Men automatically assume they’re more of an expert on something than any woman on account of their dicks. I’ve never met such an ignorant and narcissistic creature as a male

I’ll never forget a time when a fb friend of mine posted that she’s on her way to hospital to give birth. Women commented with “good luck” and other encouraging messages. A man’s comment was advice on how to give birth. 

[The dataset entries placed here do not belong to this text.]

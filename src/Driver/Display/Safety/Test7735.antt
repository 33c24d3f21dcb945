-- ===== src/Driver/Display/Safety/Test7735.antt =====
-- driver/display/panel/st7735/display_st7735.c: the test task keeps the display safe.
use agcore.Prelude.{ℕ, refl, List, none, true, not, if_cases}
use agcore.Platform.{esp_ok, no_mem, is_ok}
use agcore.Driver.Display.{
  delay_ms, heap_malloc, heap_free, task_create, PanelConfig, Display, Answers, call,
}
use agcore.Driver.Display.Safety.{IsSafe}
use agcore.Driver.Display.Safety.Rules.{
  early, Kept, Keeps, call-IsSafe, then-Kept, with_task-IsSafe,
}
use agcore.Driver.Display.St7735.{test_task_round, create_test_task, start_test_task, test}
use agcore.Driver.Display.Safety.St7735.{init-Keeps, flush-Keeps}

module _ (cfg : PanelConfig) (answer : Answers) where
  create_test_task-Keeps : Keeps cfg answer early early (create_test_task cfg answer)
  unfolding create_test_task
  create_test_task-Keeps = record {
    run = λ d s p.
        let e = (call answer task_create d).1 in
        let s' = call-IsSafe cfg answer task_create d refl refl s in
        if_cases (Kept cfg answer early) (is_ok (call answer task_create d).0)
          (esp_ok, record e { runtime = record e.runtime { test_task = true } })
          (no_mem, (call answer heap_free e).1)
          (λ f. (with_task-IsSafe cfg answer true e s', λ h. tt))
          (λ f. (call-IsSafe cfg answer heap_free e refl refl s', λ h. tt));
  }

  start_test_task-Keeps : Keeps cfg answer early early (start_test_task cfg answer)
  unfolding start_test_task
  start_test_task-Keeps = record {
    run = λ d s p.
        let e = (call answer heap_malloc d).1 in
        let s' = call-IsSafe cfg answer heap_malloc d refl refl s in
        if_cases (Kept cfg answer early) (not (is_ok (call answer heap_malloc d).0)) (no_mem, e)
          (create_test_task cfg answer e) (λ f. (s', λ h. tt))
          (λ f. create_test_task-Keeps.run e s' tt);
  }

  pub test-Keeps : Keeps cfg answer early early (test cfg answer)
  unfolding test
  test-Keeps = record {
    run = λ d s p.
        if_cases (Kept cfg answer early) d.runtime.test_task _ _ (λ e. (s, λ h. tt))
          (λ e.
            then-Kept cfg answer early early (start_test_task cfg answer) _
              (if_cases (Kept cfg answer early) d.runtime.initialized _ _ (λ f. (s, λ h. tt))
                (λ f. (init-Keeps cfg answer none).run d s tt))
              start_test_task-Keeps);
  }

  pub test_task_round-IsSafe :
      (c : ℕ) (frame_buffer : List ℕ) (d : Display)
      → IsSafe answer cfg d
      → IsSafe answer cfg (test_task_round cfg answer (c, frame_buffer) d).1
  unfolding test_task_round
  test_task_round-IsSafe c frame_buffer d s =
      call-IsSafe cfg answer (delay_ms 1000) _ refl refl
        ((flush-Keeps cfg answer early 0 0 cfg.width cfg.height _).run d s tt).0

You have got to be kidding me

So I was talking about Jekyll & Hyde (the book) at a writer’s museum while we were looking at an Robert Louis Stevenson exhibit. I was giving my take on Jekyll, and my brother tried to counter it. I countered back easily, and then he said “well I’ve never read the book”

My dude………..stop

my ex, whose baking experience was pretty much limited to frying premade biscuit dough in boy scouts to make ‘donuts’, would constantly try to correct me or give me advice on baking

i’m a fucking pastry chef

met a dude at a party who was talking about physics and asked if i’d ever listened to any online physics lectures bc he listened to all of this one series and they were so helpful and maybe i could learn some physics too

i have a degree in physics

and am a published coauthor in astrophysics

the best part is that the woman who invented the term ‘mansplaining’ (her name is Rebecca Solnit and i highly recommend her collection of essays) came up with it when she was at a party one night and a man tried to explain a book to her, and wouldn’t let her speak long enough for her to tell him that

she wrote the bloody book he was mansplaining to her

You know I have plenty examples of this but that last one takes the cake so imma just let it be.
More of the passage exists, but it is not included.